Wednesday, October 30, 2019

Virtual Machine Oriented Development

Most computing devices that we have today---desktop, laptop or phone---are capable of computing any program that can be computed. There's a bit of equivocation there. What is meant is that anything that a human can manually calculate via rote, mechanical process can also be done by computer. This is the Church-Turing Thesis.

I've never really stopped to think, but what would a non-universal computing machine look like?



Several years back I suffered a bout of jealousy. I thought about engineers in other fields who build roads or buildings or even cars. A civil engineer can imagine something they've build standing still amidst the blur of 100 years passing by. An automotive engineer can imagine a car they've designed still driving the roads in 20 years.

I don't think a single line of code that I wrote 3 or more years ago is still in production, and that's ignoring all the code that I wrote that never made it into production.

These are the kinds of things you start to ponder as you reach the ripe, old, programmer retirement age of 33.

But then a funny thing happened. I played Sam & Max Hit the Road ... on my Android phone.

Here was a game released in 1995 and I was playing it on my Android device in 2014. How did that happen? Well, when LucasArts designed the game "Maniac Mansion," they decided to create a scripting language and write the game in that language, and they used that scripting language for many of the games they made. I have several original LucasArts games on CD. Some are PC versions some are Mac versions.

Over the years as I feel the nostalgia hitting me I'll grab the game files from the CD and download ScummVM for whatever platform I'm on at the time. I copied the game files to my phone and downloaded ScummVM from the Play store. That's how it happened.


Data is Code

I had been exposed to Lisp, and even written a lot of Lisp before I finally had my enlightenment about macros and metacircular interpreters. I remember vividly reading Structure and Interpretation of Computer Programs and seeing Scheme put to use creating simple yet powerful abstract interpreters. The author's start "simply" with interpreters that add new programming paradigms to Scheme. Then they proceed to simulating a register machine and writing an assembler and compiler for it. This happens in the last chapter, a space of ~100 pages.

It is a Divine joke that Structure and Interpretation of Computer Programs and The Art of Computer Programming had their titles swapped, because---while I don't wish to denigrate TAOCP which is a depth of amazing riches---SICP is about art, and in a metacircular way it is art.

It is too easy as a Lisper to understand the world this way, but data is always code. In Forth, 5 is not a number, it is an instruction to push the value 5 onto the top of the program stack. Your program receives a program as input. It receives files, network packets, key presses, and mouse clicks. It interprets this program and produces output.

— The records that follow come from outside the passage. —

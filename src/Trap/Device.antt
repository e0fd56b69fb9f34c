-- ===== src/Trap/Device.antt =====
-- The whole way of a VM's access to the data register of its mini UART: the data abort, the device
-- that `handle_mem_abort` finds, the queue of the console and the register of the instruction.
use avisor.Prelude.{
  ℕ, ◌+◌, ◌/◌, ◌%◌, ◌^◌, ◌≡◌, refl, ap, ◌∙◌, true, none, some, ◌==◌, if◌then◌else◌, length, arith,
}
use avisor.Prelude.Bits.{bit_and_low}
use avisor.Task.{Task}
use avisor.Board.{aux_mu_io_reg}
use avisor.Regs.{reg, set_reg, increment_pc}
use avisor.Fifo.Queue
use avisor.Fifo.Refine.{contents}
use avisor.Bcm2837.Aux.{handle_aux_read, handle_aux_write}
use avisor.Bcm2837.Aux.Laws.{HasRings, IsOpen, read-pt_regs, write-pt_regs, data_register_refines}
use avisor.Bcm2837.Mmio.{World, Env, bcm2837_mmio_read, bcm2837_mmio_write}
use avisor.Trap.{field, get_ipa, mmio_access, permission_fault, goes_on, handle_sync_exception}
use avisor.Trap.System.{reg-set_reg, pc-set_reg}
use avisor.Trap.Abort.{IsDataAbort, data_abort, ended, access_of}

-- The world after an access, with the instruction skipped and the access counted.
abbrev pub after_access : World → Task → World
after_access w tsk = record w {
  tsk = record (increment_pc tsk 4) {
    stat = record (tsk.stat) { mmio_count = tsk.stat.mmio_count + 1 };
  };
}

-- A store to the data register is the write of the mini UART.
store_lem :
    (env : Env) (w : World) (esr far : ℕ)
    → get_ipa env far ≡ aux_mu_io_reg
    → w.tsk.has_board ≡ true
    → field esr 6 0x1 ≡ 1
    → permission_fault env w far esr ≡ (
      true,
      after_access w (handle_aux_write w.tsk aux_mu_io_reg (reg w.tsk.pt_regs (field esr 16 0x1f))),
    )
unfolding permission_fault mmio_access bcm2837_mmio_write
store_lem env w esr far at board dir = rw (at, board, dir) refl

-- A load from it is the read of the mini UART.
load_lem :
    (env : Env) (w : World) (esr far : ℕ)
    → get_ipa env far ≡ aux_mu_io_reg
    → w.tsk.has_board ≡ true
    → field esr 6 0x1 ≡ 0
    → permission_fault env w far esr ≡ (
      true,
      (let (val, tsk) = handle_aux_read env.garbage w.tsk aux_mu_io_reg in
          after_access w (record tsk { pt_regs = set_reg tsk.pt_regs (field esr 16 0x1f) val })),
    )
unfolding permission_fault mmio_access bcm2837_mmio_read
load_lem env w esr far at board dir = rw (at, board, dir) refl

-- A VM with a board, its UART on and its latch open, stores a register to the data register: the
-- data abort ends with the task going on behind the instruction, and the register's low byte at
-- the end of the console's output, or dropped when that is full.
pub store_to_console :
    (env : Env) (w : World) (esr far : ℕ)
    → IsDataAbort esr 3
    → field esr 6 0x1 ≡ 1
    → get_ipa env far ≡ aux_mu_io_reg
    → w.tsk.has_board ≡ true
    → IsOpen w.tsk
    → HasRings w.tsk
    → (w' : World) × (handle_sync_exception env w esr far ≡ goes_on w')
      × (contents w'.tsk.console.out_fifo
          ≡ (Queue.enqueue
              (contents w.tsk.console.out_fifo)
              (reg w.tsk.pt_regs (field esr 16 0x1f) % 256)).1)
      × (contents w'.tsk.console.in_fifo ≡ contents w.tsk.console.in_fifo)
      × (w'.tsk.pt_regs.regs ≡ w.tsk.pt_regs.regs)
      × (w'.tsk.pt_regs.pc ≡ (w.tsk.pt_regs.pc + 4) % 2 ^ 64)
store_to_console env w esr far kind dir at board opened h =
    let val = reg w.tsk.pt_regs (field esr 16 0x1f) in
    let (out, same, _, _, _) = data_register_refines 0 val h opened.0 opened.1 in
    let regs = write-pt_regs w.tsk val opened in
    (
      after_access w (handle_aux_write w.tsk aux_mu_io_reg val),
      ended (data_abort env w esr far 3 kind)
          (access_of env w esr far kind.1 ∙ store_lem env w esr far at board dir),
      out,
      same,
      ap (λ r. r.regs) regs,
      ap (λ r. (r.pc + 4) % 2 ^ 64) regs,
    )

-- The same VM loads from the data register: the abort ends with the task going on behind the
-- instruction, the first character of the console's input taken and in the register that the
-- instruction names, and every other register as it was. From an empty input the register gets
-- the low byte of what the handler's local happened to hold.
pub load_from_console :
    (env : Env) (w : World) (esr far i : ℕ)
    → IsDataAbort esr 3
    → field esr 6 0x1 ≡ 0
    → get_ipa env far ≡ aux_mu_io_reg
    → w.tsk.has_board ≡ true
    → IsOpen w.tsk
    → HasRings w.tsk
    → length w.tsk.pt_regs.regs ≡ 31
    → let (char, rest) = Queue.dequeue (contents w.tsk.console.in_fifo) in
      (w' : World) × (handle_sync_exception env w esr far ≡ goes_on w')
      × (reg w'.tsk.pt_regs i ≡ (
          if i == field esr 16 0x1f
          then (elim char [ none ↦ env.garbage | some v ↦ v ]) % 256
          else reg w.tsk.pt_regs i))
      × (contents w'.tsk.console.in_fifo ≡ rest)
      × (contents w'.tsk.console.out_fifo ≡ contents w.tsk.console.out_fifo)
      × (w'.tsk.pt_regs.pc ≡ (w.tsk.pt_regs.pc + 4) % 2 ^ 64)
load_from_console env w esr far i kind dir at board opened h l =
    let srt = field esr 16 0x1f in
    let (val, tsk) = handle_aux_read env.garbage w.tsk aux_mu_io_reg in
    let (_, _, char, rest, same) = data_register_refines env.garbage 0 h opened.0 opened.1 in
    let regs = read-pt_regs env.garbage w.tsk opened in
    (
      after_access w (record tsk { pt_regs = set_reg tsk.pt_regs srt val }),
      ended (data_abort env w esr far 3 kind)
          (access_of env w esr far kind.1 ∙ load_lem env w esr far at board dir),
      ap (λ r. reg (set_reg r srt val) i) regs
          ∙ reg-set_reg w.tsk.pt_regs srt i val l (omega (arith, bit_and_low 5 (esr / 2 ^ 16)))
          ∙ ap (λ v. if i == srt then v else reg w.tsk.pt_regs i) char,
      rest,
      same,
      ap (λ pc. (pc + 4) % 2 ^ 64) (pc-set_reg tsk.pt_regs srt val ∙ ap (λ r. r.pc) regs),
    )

A PDF file can cause a buffer overrun in a PDF reader because each byte is literally an instruction to your program-as-interpreter to "write a value at the current location and move to the next location" (or at least it can be if your program-as-interpreter has flawed semantics).

This is not a property of Lisp, it is a property of the stored program computer, Universal Turing Machine, von Neumann architecture. Code and data are made of the same stuff and stored in the same memory.


The Non-Divine Joke

In his talk "The Birth & Death of JavaScript," the 2014 version of Gary Bernhardt extrapolates where JavaScript and asm.js will take the world in 2035 (after an apocalyptic global war, of course). The punch line is that instead of JavaScript running on computers, computers run on JavaScript. This happens through a comical stack of emulators emulating emulators that emulate. Actually I think it's compilers transpiling compilers that transpile transpilers, but...same difference.

But like every joke there's a bit of truth to it.

Paul Graham writes about "Programming Bottom-Up" where you build the language "up" to your program to the point that actually expressing your program becomes somewhat trivial. You're building a domain specific language to solve exactly the problem you have. Again, this is all too natural for Lispers, but everyone does it.

The act of programming is to turn a universal computing machine into a limited computing machine. You build out data types and operations to focus the abilities of the computer into a specific domain. Programmers instinctively understand this, which is why we find it so funny that---in a twist of irony---a universal computing machine emulates a universal computing machine emulating a universal computing machine.


Virtual Machine Oriented Development

I started thinking about Virtual Machine Oriented Development because I was concerned about the transience of my legacy. I noticed that there were software products that were still around 20 years after they were written. I started seeing a VM underneath them.

But having thought about it more, I don't think that Virtual Machine Oriented Development is just about legacy. I think it might clarify the design process to be explicit about the fact that we're designing a limited computing machine that analyzes sales data. What are the data types? What are the operations? If you have power users, maybe they'd even like a scripting language that can describe which data to import and then how to analyze it?

You might find then that you've abstracted your problem into a computation model that will become valuable for years. Maybe you'll end up rewriting the interpreter for this language several times, and all the while users can keep using their existing scripts.



What does a non-universal computing machine look like? It looks like every program you've ever written.